--- TO DO ---
Copy out, from the data, each line containing the string "status".

Stored items:

_ _ _ _ _ _ _

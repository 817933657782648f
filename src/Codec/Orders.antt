-- ===== src/Codec/Orders.antt =====
-- src/OrderCodec.cpp: the fields of an order one after the other, each but the last with a mark behind it.
use order_processor.Common.{◌++◌, ℕ, List, [], ◌∷◌}
use order_processor.Model.Ids.{IdT}
use order_processor.Codec.Bytes.{
  Bytes, Reader, ◌>>=◌, pure, put, read_int, put_id, restore_id, put_zones, restore_zones, dotted,
  dot,
}

-- `OrderEntry` as it is stored: the ids of the entries that it refers to, prices as the 8 bytes of a double,
-- enumerations as their numbers,
-- the numbers of the instructions, and the numbers of the two states. No codec writes the instructions.
pub record OrderRecord : Type 0 where
  pub order_id : IdT
  pub instrument : IdT
  pub account : IdT
  pub clearing : IdT
  pub destination : IdT
  pub exec_instruct : List ℕ
  pub cl_order_id : IdT
  pub orig_cl_order_id : IdT
  pub source : IdT
  pub executions : IdT
  pub orig_order_id : IdT
  pub creation_time : ℕ
  pub last_update_time : ℕ
  pub expire_time : ℕ
  pub settl_date : ℕ
  pub price : ℕ
  pub stop_px : ℕ
  pub avg_px : ℕ
  pub day_avg_px : ℕ
  pub status : ℕ
  pub side : ℕ
  pub ord_type : ℕ
  pub tif : ℕ
  pub settl_type : ℕ
  pub capacity : ℕ
  pub currency : ℕ
  pub min_qty : ℕ
  pub order_qty : ℕ
  pub leaves_qty : ℕ
  pub cum_qty : ℕ
  pub day_order_qty : ℕ
  pub day_cum_qty : ℕ
  pub zone1 : ℕ
  pub zone2 : ℕ

-- Fields one after the other, and what follows them.
abbrev pub put_fields : List Bytes → Bytes → Bytes
put_fields [] tail = tail
put_fields (bs ∷ bss) tail = bs ++ put_fields bss tail

-- `encode`, into a string or a buffer: both write the same bytes.
unfoldable pub encode_numbers : OrderRecord → Bytes
encode_numbers r =
    put_fields
      (dot (put 4 r.status)
        ∷ dot (put 4 r.side)
        ∷ dot (put 4 r.ord_type)
        ∷ dot (put 4 r.tif)
        ∷ dot (put 4 r.settl_type)
        ∷ dot (put 4 r.capacity)
        ∷ dot (put 4 r.currency)
        ∷ dot (put 4 r.min_qty)
        ∷ dot (put 4 r.order_qty)
        ∷ dot (put 4 r.leaves_qty)
        ∷ dot (put 4 r.cum_qty)
        ∷ dot (put 4 r.day_order_qty)
        ∷ dot (put 4 r.day_cum_qty)
        ∷ [])
      (put_zones r.zone1 r.zone2)

unfoldable pub encode_times : OrderRecord → Bytes
encode_times r =
    put_fields
      (dot (put_id r.orig_order_id)
        ∷ dot (put 8 r.creation_time)
        ∷ dot (put 8 r.last_update_time)
        ∷ dot (put 8 r.expire_time)
        ∷ dot (put 8 r.settl_date)
        ∷ dot (put 8 r.price)
        ∷ dot (put 8 r.stop_px)
        ∷ dot (put 8 r.avg_px)
        ∷ dot (put 8 r.day_avg_px)
        ∷ [])
      (encode_numbers r)

unfoldable pub encode_order : OrderRecord → Bytes
encode_order r =
    put_fields
      (dot (put_id r.instrument)
        ∷ dot (put_id r.account)
        ∷ dot (put_id r.clearing)
        ∷ dot (put_id r.destination)
        ∷ dot (put_id r.cl_order_id)
        ∷ dot (put_id r.orig_cl_order_id)
        ∷ dot (put_id r.source)
        ∷ dot (put_id r.executions)
        ∷ [])
      (encode_times r)

-- `decode`: the order is made after the ids, and its fields are filled in turn.
unfoldable pub decode_numbers : OrderRecord → Reader OrderRecord
decode_numbers val = do
  status ← dotted (read_int 4)
  side ← dotted (read_int 4)
  ord_type ← dotted (read_int 4)
  tif ← dotted (read_int 4)
  settl_type ← dotted (read_int 4)
  capacity ← dotted (read_int 4)
  currency ← dotted (read_int 4)
  min_qty ← dotted (read_int 4)
  order_qty ← dotted (read_int 4)
  leaves_qty ← dotted (read_int 4)
  cum_qty ← dotted (read_int 4)
  day_order_qty ← dotted (read_int 4)
  day_cum_qty ← dotted (read_int 4)
  zones ← restore_zones
  pure (record val {
    status = status;
    side = side;
    ord_type = ord_type;
    tif = tif;
    settl_type = settl_type;
    capacity = capacity;
    currency = currency;
    min_qty = min_qty;
    order_qty = order_qty;
    leaves_qty = leaves_qty;
    cum_qty = cum_qty;
    day_order_qty = day_order_qty;
    day_cum_qty = day_cum_qty;
    zone1 = zones.0;
    zone2 = zones.1;
  })

unfoldable pub decode_times : OrderRecord → Reader OrderRecord
decode_times val = do
  orig_order_id ← dotted restore_id
  creation_time ← dotted (read_int 8)
  last_update_time ← dotted (read_int 8)
  expire_time ← dotted (read_int 8)
  settl_date ← dotted (read_int 8)
  price ← dotted (read_int 8)
  stop_px ← dotted (read_int 8)
  avg_px ← dotted (read_int 8)
  day_avg_px ← dotted (read_int 8)
  decode_numbers (record val {
    orig_order_id = orig_order_id;
    creation_time = creation_time;
    last_update_time = last_update_time;
    expire_time = expire_time;
    settl_date = settl_date;
    price = price;
    stop_px = stop_px;
    avg_px = avg_px;
    day_avg_px = day_avg_px;
  })

-- The order has no instructions, and the fields that are not decoded yet are 0.
unfoldable pub decode_order : IdT → Reader OrderRecord
decode_order id = do
  instrument ← dotted restore_id
  account ← dotted restore_id
  clearing ← dotted restore_id
  destination ← dotted restore_id
  cl_order_id ← dotted restore_id
  orig_cl_order_id ← dotted restore_id
  source ← dotted restore_id
  executions ← dotted restore_id
  decode_times (record {
    order_id = id;
    instrument = instrument;
    account = account;
    clearing = clearing;
    destination = destination;
    exec_instruct = [];
    cl_order_id = cl_order_id;
    orig_cl_order_id = orig_cl_order_id;
    source = source;
    executions = executions;
    orig_order_id = 0;
    creation_time = 0;
    last_update_time = 0;
    expire_time = 0;
    settl_date = 0;
    price = 0;
    stop_px = 0;
    avg_px = 0;
    day_avg_px = 0;
    status = 0;
    side = 0;
    ord_type = 0;
    tif = 0;
    settl_type = 0;
    capacity = 0;
    currency = 0;
    min_qty = 0;
    order_qty = 0;
    leaves_qty = 0;
    cum_qty = 0;
    day_order_qty = 0;
    day_cum_qty = 0;
    zone1 = 0;
    zone2 = 0;
  })

-- The ids of 12 bytes, the numbers of 8 bytes and those of 4 bytes, in the order of their fields.
abbrev pub ids : OrderRecord → List ℕ
ids r =
    r.instrument ∷ r.account ∷ r.clearing ∷ r.destination ∷ r.cl_order_id ∷ r.orig_cl_order_id
    ∷ r.source ∷ r.executions ∷ r.orig_order_id ∷ []

abbrev pub longs : OrderRecord → List ℕ
longs r =
    r.creation_time ∷ r.last_update_time ∷ r.expire_time ∷ r.settl_date ∷ r.price ∷ r.stop_px
    ∷ r.avg_px ∷ r.day_avg_px ∷ []

abbrev pub words : OrderRecord → List ℕ
words r =
    r.status ∷ r.side ∷ r.ord_type ∷ r.tif ∷ r.settl_type ∷ r.capacity ∷ r.currency ∷ r.min_qty
    ∷ r.order_qty ∷ r.leaves_qty ∷ r.cum_qty ∷ r.day_order_qty ∷ r.day_cum_qty ∷ r.zone1 ∷ r.zone2
    ∷ []
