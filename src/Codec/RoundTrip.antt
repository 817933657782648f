-- ===== src/Codec/RoundTrip.antt =====
-- What is encoded is decoded.
use order_processor.Common.{
  ℕ, suc, false, ◌∙◌, ◌^◌, ◌<◌, ◌≡◌, ap, [], ◌∷◌, ◌++◌, length, All, arith, ◌==◌, if◌then◌else◌,
}
use order_processor.Model.Order.{Text, Instrument, Clearing, RawData}
use order_processor.Codec.Bytes.{
  Bytes, DecodeError, ok, pure, put, read_int, put_text, restore_text, read_bytes,
}
use order_processor.Codec.Entries.{
  AccountRecord, encode_account, decode_account, encode_clearing, decode_clearing,
  encode_instrument, decode_instrument, encode_raw_data, decode_raw_data, read_some,
}
use order_processor.Codec.Reading.{
  Reads, Reads-put, Reads-text, Reads-bytes, Reads-pure, Reads-field, Reads-last,
}

-- A text whose size is a `size_t`.
abbrev pub IsText : Text → Type 0
IsText s = length s < 2 ^ 64

Reads-account :
    (a : AccountRecord)
    → IsText a.account
    → IsText a.firm
    → a.type < 2 ^ 32
    → Reads (decode_account a.id) (encode_account a) a
unfolding encode_account decode_account
Reads-account a h g t =
    Reads-field restore_text _ (put_text a.account) _ a.account a (Reads-text a.account h) (
      Reads-field restore_text _ (put_text a.firm) _ a.firm a (Reads-text a.firm g) (
        Reads-last (read_int 4) _ (put 4 a.type) a.type
          (Reads-put DecodeError.too_small 4 a.type (omega arith))))

Reads-clearing : (c : Clearing) → IsText c.firm → Reads (decode_clearing c.id) (encode_clearing c) c
unfolding encode_clearing decode_clearing
Reads-clearing c h = Reads-last restore_text _ (put_text c.firm) c.firm (Reads-text c.firm h)

Reads-instrument :
    (i : Instrument)
    → IsText i.symbol
    → IsText i.security_id
    → IsText i.security_id_source
    → Reads (decode_instrument i.id) (encode_instrument i) i
unfolding encode_instrument decode_instrument
Reads-instrument i h g t =
    Reads-field restore_text _ (put_text i.symbol) _ i.symbol i (Reads-text i.symbol h) (
      Reads-field restore_text _ (put_text i.security_id) _ i.security_id i
        (Reads-text i.security_id g)
        (Reads-last restore_text _ (put_text i.security_id_source) i.security_id_source
          (Reads-text i.security_id_source t)))

suc-ne-zero : (n : ℕ) → (suc n == 0) ≡ false
suc-ne-zero n = ground arith

Reads-some : (s : Bytes) → Reads (read_some (length s)) s s
unfolding read_some
Reads-some [] rest = Reads-pure [] rest
Reads-some (b ∷ s) rest =
    ap (λ t. (if t then pure [] else read_bytes (length (b ∷ s))) (b ∷ s ++ rest))
      (suc-ne-zero (length s))
    ∙ Reads-bytes (b ∷ s) rest

Reads-raw_data :
    (d : RawData)
    → d.type < 2 ^ 32
    → length d.bytes < 2 ^ 32
    → Reads decode_raw_data (encode_raw_data d) d
unfolding encode_raw_data decode_raw_data
Reads-raw_data d h g =
    Reads-field (read_int 4) _ (put 4 d.type) _ d.type d
      (Reads-put DecodeError.too_small 4 d.type (omega arith))
      (Reads-field (read_int 4) _ (put 4 (length d.bytes)) _ (length d.bytes) d
        (Reads-put DecodeError.too_small 4 (length d.bytes) (omega arith))
        (Reads-last (read_some (length d.bytes)) _ d.bytes d.bytes (Reads-some d.bytes)))

-- An account, a clearing, an instrument and a raw datum are encoded, whose texts are below 2 ^ 64 bytes long
-- and whose other numbers have 4 bytes. Each decoder gives its entry back, and stops before whatever
-- follows the encoding.
pub decode-encode :
    (a : AccountRecord) (c : Clearing) (i : Instrument) (d : RawData) (rest : Bytes)
    → All IsText
        (a.account ∷ a.firm ∷ c.firm ∷ i.symbol ∷ i.security_id ∷ i.security_id_source ∷ [])
    → All (λ n. n < 2 ^ 32) (a.type ∷ d.type ∷ length d.bytes ∷ [])
    → (decode_account a.id (encode_account a ++ rest) ≡ ok (a, rest))
      × (decode_clearing c.id (encode_clearing c ++ rest) ≡ ok (c, rest))
      × (decode_instrument i.id (encode_instrument i ++ rest) ≡ ok (i, rest))
      × (decode_raw_data (encode_raw_data d ++ rest) ≡ ok (d, rest))
decode-encode a c i d rest (ta, (tf, (tc, (ts, (ti, (tj, _)))))) (na, (nd, (nl, _))) = (
  Reads-account a ta tf na rest,
  Reads-clearing c tc rest,
  Reads-instrument i ts ti tj rest,
  Reads-raw_data d nd nl rest,
)
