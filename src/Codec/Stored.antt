-- ===== src/Codec/Stored.antt =====
-- Orders that are encoded, whole or cut off: src/OrderCodec.cpp.
use order_processor.Common.{ℕ, ◌^◌, ◌<◌, ◌≡◌, [], ◌∷◌, ◌++◌, All, arith, ◌⊎◌}
use order_processor.Model.Ids.{IdT}
use order_processor.Codec.Bytes.{
  Bytes, DecodeError, ok, Reader, ◌>>=◌, put, read_int, put_id, restore_id, put_zones,
  restore_zones, dotted, dot, err,
}
use order_processor.Codec.Orders.{
  OrderRecord, ids, longs, words, encode_numbers, encode_times, encode_order, decode_numbers,
  decode_times, decode_order,
}
use order_processor.Codec.Cutting.{
  Decodes, Decodes-map, Decodes-field, Decodes-put, Decodes-id, Decodes-zones,
}

module _ {B : Type 0} (f : ℕ → Reader B) (cs : Bytes) (u : B) where
  id_field :
      (k : IdT)
      → k < 2 ^ 96
      → Decodes (f k) cs u
      → Decodes (dotted restore_id >>= f) (dot (put_id k) ++ cs) u
  id_field k h g = Decodes-field restore_id f (put_id k) cs k u (Decodes-id k h) g

  long_field :
      (n : ℕ)
      → n < 2 ^ 64
      → Decodes (f n) cs u
      → Decodes (dotted (read_int 8) >>= f) (dot (put 8 n) ++ cs) u
  long_field n h g = Decodes-field (read_int 8) f (put 8 n) cs n u (Decodes-put 8 n (omega arith)) g

  word_field :
      (n : ℕ)
      → n < 2 ^ 32
      → Decodes (f n) cs u
      → Decodes (dotted (read_int 4) >>= f) (dot (put 4 n) ++ cs) u
  word_field n h g = Decodes-field (read_int 4) f (put 4 n) cs n u (Decodes-put 4 n (omega arith)) g

Decodes-numbers :
    (r val : OrderRecord)
    → All (λ n. n < 2 ^ 32) (words r)
    → Decodes (decode_numbers val) (encode_numbers r) (record r {
      order_id = val.order_id;
      instrument = val.instrument;
      account = val.account;
      clearing = val.clearing;
      destination = val.destination;
      exec_instruct = val.exec_instruct;
      cl_order_id = val.cl_order_id;
      orig_cl_order_id = val.orig_cl_order_id;
      source = val.source;
      executions = val.executions;
      orig_order_id = val.orig_order_id;
      creation_time = val.creation_time;
      last_update_time = val.last_update_time;
      expire_time = val.expire_time;
      settl_date = val.settl_date;
      price = val.price;
      stop_px = val.stop_px;
      avg_px = val.avg_px;
      day_avg_px = val.day_avg_px;
    })
unfolding encode_numbers decode_numbers
Decodes-numbers r val
      (
        h0,
        (h1, (h2, (h3, (h4, (h5, (h6, (h7, (h8, (h9, (h10, (h11, (h12, (h13, (h14, _)))))))))))))),
      ) =
    word_field _ _ _ r.status h0 (
      word_field _ _ _ r.side h1 (
        word_field _ _ _ r.ord_type h2 (
          word_field _ _ _ r.tif h3 (
            word_field _ _ _ r.settl_type h4 (
              word_field _ _ _ r.capacity h5 (
                word_field _ _ _ r.currency h6 (
                  word_field _ _ _ r.min_qty h7 (
                    word_field _ _ _ r.order_qty h8 (
                      word_field _ _ _ r.leaves_qty h9 (
                        word_field _ _ _ r.cum_qty h10 (
                          word_field _ _ _ r.day_order_qty h11 (
                            word_field _ _ _ r.day_cum_qty h12 (
                              Decodes-map restore_zones _ (put_zones r.zone1 r.zone2)
                                (r.zone1, r.zone2)
                                (Decodes-zones r.zone1 r.zone2 h13 h14))))))))))))))

Decodes-times :
    (r val : OrderRecord)
    → r.orig_order_id < 2 ^ 96
    → All (λ n. n < 2 ^ 64) (longs r)
    → All (λ n. n < 2 ^ 32) (words r)
    → Decodes (decode_times val) (encode_times r) (record r {
      order_id = val.order_id;
      instrument = val.instrument;
      account = val.account;
      clearing = val.clearing;
      destination = val.destination;
      exec_instruct = val.exec_instruct;
      cl_order_id = val.cl_order_id;
      orig_cl_order_id = val.orig_cl_order_id;
      source = val.source;
      executions = val.executions;
    })
unfolding encode_times decode_times
Decodes-times r val k (h0, (h1, (h2, (h3, (h4, (h5, (h6, (h7, _)))))))) w =
    id_field _ _ _ r.orig_order_id k (
      long_field _ _ _ r.creation_time h0 (
        long_field _ _ _ r.last_update_time h1 (
          long_field _ _ _ r.expire_time h2 (
            long_field _ _ _ r.settl_date h3 (
              long_field _ _ _ r.price h4 (
                long_field _ _ _ r.stop_px h5 (
                  long_field _ _ _ r.avg_px h6
                    (long_field _ _ _ r.day_avg_px h7 (Decodes-numbers r _ w)))))))))

Decodes-order :
    (r : OrderRecord)
    → All (λ k. k < 2 ^ 96) (ids r)
    → All (λ n. n < 2 ^ 64) (longs r)
    → All (λ n. n < 2 ^ 32) (words r)
    → Decodes (decode_order r.order_id) (encode_order r) (record r { exec_instruct = [] })
unfolding encode_order decode_order
Decodes-order r (h0, (h1, (h2, (h3, (h4, (h5, (h6, (h7, (h8, _))))))))) l w =
    id_field _ _ _ r.instrument h0 (
      id_field _ _ _ r.account h1 (
        id_field _ _ _ r.clearing h2 (
          id_field _ _ _ r.destination h3 (
            id_field _ _ _ r.cl_order_id h4 (
              id_field _ _ _ r.orig_cl_order_id h5 (
                id_field _ _ _ r.source h6
                  (id_field _ _ _ r.executions h7 (Decodes-times r _ h8 l w))))))))

-- An order is encoded whose ids have 12 bytes, whose times and prices have 8 and whose other numbers have
-- 4. The decoder gives every field of the order back but the instructions, of which it gives none, and
-- stops before whatever follows the encoding.
pub decode_order-encode_order :
    (r : OrderRecord) (rest : Bytes)
    → All (λ k. k < 2 ^ 96) (ids r)
    → All (λ n. n < 2 ^ 64) (longs r)
    → All (λ n. n < 2 ^ 32) (words r)
    → decode_order r.order_id (encode_order r ++ rest) ≡ ok (record r { exec_instruct = [] }, rest)
decode_order-encode_order r rest i l w = (Decodes-order r i l w).reads rest

-- An order as above is encoded, and bytes at the end of the encoding are missing. The decoder returns no
-- order: it throws because the buffer is too small, except where the first missing byte is a mark behind
-- a field. There it reads behind the end of the buffer.
pub cut_order-undecoded :
    (r : OrderRecord) (front back : Bytes) (x : ℕ)
    → All (λ k. k < 2 ^ 96) (ids r)
    → All (λ n. n < 2 ^ 64) (longs r)
    → All (λ n. n < 2 ^ 32) (words r)
    → encode_order r ≡ front ++ (x ∷ back)
    → (decode_order r.order_id front ≡ err DecodeError.too_small)
      ⊎ ((decode_order r.order_id front ≡ err DecodeError.overread) × (x ≡ b'.'))
cut_order-undecoded r front back x i l w e = (Decodes-order r i l w).cut front back x e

_ _ _ _ _ _ _

--- TASK SOLUTION ---
  pub status : ℕ
      (dot (put 4 r.status)
  status ← dotted (read_int 4)
    status = status;
    status = 0;
    r.status ∷ r.side ∷ r.ord_type ∷ r.tif ∷ r.settl_type ∷ r.capacity ∷ r.currency ∷ r.min_qty
    word_field _ _ _ r.status h0 (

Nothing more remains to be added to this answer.